Discussion. Entergy recognized that the Waterford 3 design included a neutral (ground)wire that was not isolated from the control room during transfer to the alternative shutdown panel. Entergy reviewed the design and concluded that the existing design did not create any conditions adverse to safe shutdown. The requirement of 10 CFR Part 50, Appendix R, Section III.L.3, states that alternate shutdown capability shall be independent from the specific fire area, in this case the control room. The inspectors reviewed Waterfords licensing basis and did not identify any approved exemptions related to this requirement.

Subsequently, Entergy submitted on July 26, 2001, a request for a deviation from Appendix R requirements for control circuit isolation between the control room and the remote shutdown panel. The basis for the request was an engineering evaluation performed by Entergy in 1997 in response to NRC Information Notice 97-01, Improper Electrical Grounding Results in Simultaneous Fires in the Control Room and the Safe-Shutdown Equipment Room. Entergy reviewed the possible power sources that are available in the safe shutdown associated panels in the control room, cable vault, and alternate shutdown panel room and calculated the fault current available from these power sources. The available fault current value was compared to the tripping characteristics of the largest fuse or breaker in the circuit supplying the short circuit current. Entergys analysis showed that in all analyzed worst-cases the fuse or breaker protecting the circuit will trip before the safe shutdown conductor reaches its melting point, presuming the protective devices (fuses and breakers) functioned as designed.

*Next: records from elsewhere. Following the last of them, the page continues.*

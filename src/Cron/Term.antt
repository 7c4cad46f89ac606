-- ===== src/Cron/Term.antt =====
-- packages/plugin-schedule/src/cron.ts: the numbers, the ranges and the steps of an expression.
use wilanis_js.Common.{
  ℕ, suc, ◌+◌, ◌-◌, ◌*◌, Bool, true, false, not, ◌&&◌, ◌||◌, Option, none, some, List, [], ◌∷◌,
}
use wilanis_js.Common.{if◌then◌else◌, leb, ltb, nat_eq, every, map}
use wilanis_js.Types.Refs.{codes}

abbrev pub Text : Type 0
Text = List ℕ

-- The fields of an expression, by the word a refusal names them with.
pub data FieldName : Type 0 where
  minute_field hour_field day_field month_field weekday_field : FieldName

-- A line of RANGES.
pub record Spec : Type 0 where
  pub name : FieldName
  pub low : ℕ
  pub high : ℕ
  pub words : List Text

-- `Field`; a `Set` is a list that `add_value` puts no number into twice.
pub record Field : Type 0 where
  pub values : List ℕ
  pub every_value : Bool

pub record Cron : Type 0 where
  pub minute : Field
  pub hour : Field
  pub day : Field
  pub month : Field
  pub weekday : Field

-- The reasons a text is not an expression, with what each names.
pub data Refusal : Type 0 where
  not_a out_of_range runs_backwards no_step : Text → FieldName → Refusal
  empty_field : FieldName → Refusal
  field_count : ℕ → Refusal

pub data Parsed {ℓ} (A : Type ℓ) : Type ℓ where
  parsed : A → Parsed A
  refused : Refusal → Parsed A

abbrev months : List Text
months = map codes (
    "jan" ∷ "feb" ∷ "mar" ∷ "apr" ∷ "may" ∷ "jun" ∷ "jul" ∷ "aug" ∷ "sep" ∷ "oct" ∷ "nov" ∷ "dec"
    ∷ [])

abbrev days : List Text
days = map codes ("sun" ∷ "mon" ∷ "tue" ∷ "wed" ∷ "thu" ∷ "fri" ∷ "sat" ∷ [])

abbrev pub minute_spec : Spec
minute_spec = record { name = minute_field; low = 0; high = 59; words = [] }

abbrev pub hour_spec : Spec
hour_spec = record { name = hour_field; low = 0; high = 23; words = [] }

abbrev pub day_spec : Spec
day_spec = record { name = day_field; low = 1; high = 31; words = [] }

abbrev pub month_spec : Spec
month_spec = record { name = month_field; low = 1; high = 12; words = months }

abbrev pub weekday_spec : Spec
weekday_spec = record { name = weekday_field; low = 0; high = 7; words = days }

abbrev pub same_text : Text → Text → Bool
same_text [] [] = true
same_text (a ∷ left) (b ∷ right) = nat_eq a b && same_text left right
same_text _ _ = false

-- `toLowerCase`, as far as the names can tell.
abbrev pub lower : ℕ → ℕ
lower c = if leb b'A' c && leb c b'Z' then c + 32 else c

-- `names.indexOf(term)`, from an index on.
unfoldable pub index_of_name : List Text → Text → ℕ → Option ℕ
index_of_name [] term i = none
index_of_name (name ∷ rest) term i =
    let later = index_of_name rest term (suc i) in if same_text name term then some i else later

abbrev is_digit : ℕ → Bool
is_digit c = leb b'0' c && leb c b'9'

-- `/^\d+$/`
unfoldable pub is_number : Text → Bool
is_number [] = false
is_number (c ∷ rest) = every is_digit (c ∷ rest)

-- `Number`, of digits, after those read so far.
unfoldable pub number_from : ℕ → Text → ℕ
number_from n [] = n
number_from n (c ∷ rest) = number_from (n * 10 + (c - b'0')) rest

unfoldable pub month_shift : FieldName → ℕ
month_shift month_field = 1
month_shift name = 0

-- `numberOf`
unfoldable pub number_of : Text → Spec → Parsed ℕ
unfolding index_of_name is_number number_from month_shift
number_of term spec = elim (index_of_name spec.words (map lower term) 0) [
  | some named ↦ parsed (named + month_shift spec.name)
  | none ↦
      if not (is_number term)
      then refused (not_a term spec.name)
      else if ltb (number_from 0 term) spec.low || ltb spec.high (number_from 0 term)
      then refused (out_of_range term spec.name)
      else parsed (number_from 0 term)
]

-- `indexOf`: what stands before the first such code point and what stands after, if there is one.
unfoldable pub split_at : ℕ → Text → Option (Text × Text)
split_at mark [] = none
split_at mark (c ∷ rest) =
    let later = split_at mark rest in
    if nat_eq c mark
    then some ([], rest)
    else (elim later [ none ↦ none | some (before, after) ↦ some (c ∷ before, after) ])

-- A range of which both ends are numbers.
unfoldable pub range_of : Text → Spec → Parsed ℕ → Parsed ℕ → Parsed (ℕ × ℕ)
range_of term spec (refused why) high = refused why
range_of term spec (parsed low) (refused why) = refused why
range_of term spec (parsed low) (parsed high) =
    if ltb high low then refused (runs_backwards term spec.name) else parsed (low, high)

abbrev pub one_value : Parsed ℕ → Parsed (ℕ × ℕ)
one_value (refused why) = refused why
one_value (parsed n) = parsed (n, n)

abbrev pub star : Text → Bool
star term = same_text term (b'*' ∷ [])

-- `boundsOf`
unfoldable pub bounds_of : Text → Spec → Parsed (ℕ × ℕ)
unfolding number_of split_at range_of
bounds_of term spec =
    if star term then parsed (spec.low, spec.high) else (elim (split_at b'-' term) [
      | none ↦ one_value (number_of term spec)
      | some ([], after) ↦ one_value (number_of term spec)
      | some (c ∷ before, after) ↦
          range_of term spec (number_of (c ∷ before) spec) (number_of after spec)
    ])

-- `stepOf`: the term without its step, and the step.
unfoldable pub step_of : Text → Spec → Parsed (Text × ℕ)
unfolding split_at is_number number_from
step_of term spec = elim (split_at b'/' term) [
  | none ↦ parsed (term, 1)
  | some (before, step) ↦
      if not (is_number step) || ltb (number_from 0 step) 1
      then refused (no_step term spec.name)
      else parsed (before, number_from 0 step)
]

The NRC staff reviewed Entergys deviation request of July 26, 2001, and tentatively agreed with Entergys conclusions. However, the NRC staff informed Entergy that the appropriate action would be for Entergy to submit a license amendment request in lieu of a deviation request. In a letter to the NRC dated July 24, 2003, Entergy withdrew their Appendix R deviation request. Subsequently, Entergys management decided that a modification to isolate the neutral wire for the affected safe shutdown circuits was more appropriate than submitting a license amendment request.

Analysis.

This finding is greater than minor because it was associated with the mitigating systems cornerstone attribute of protection against external factors (fire) and it has the potential to impact the mitigating systems cornerstone objective of ensuring the capability of systems that respond to initiating events to prevent undesirable consequences. The violation is associated with degradation of a fire protection feature.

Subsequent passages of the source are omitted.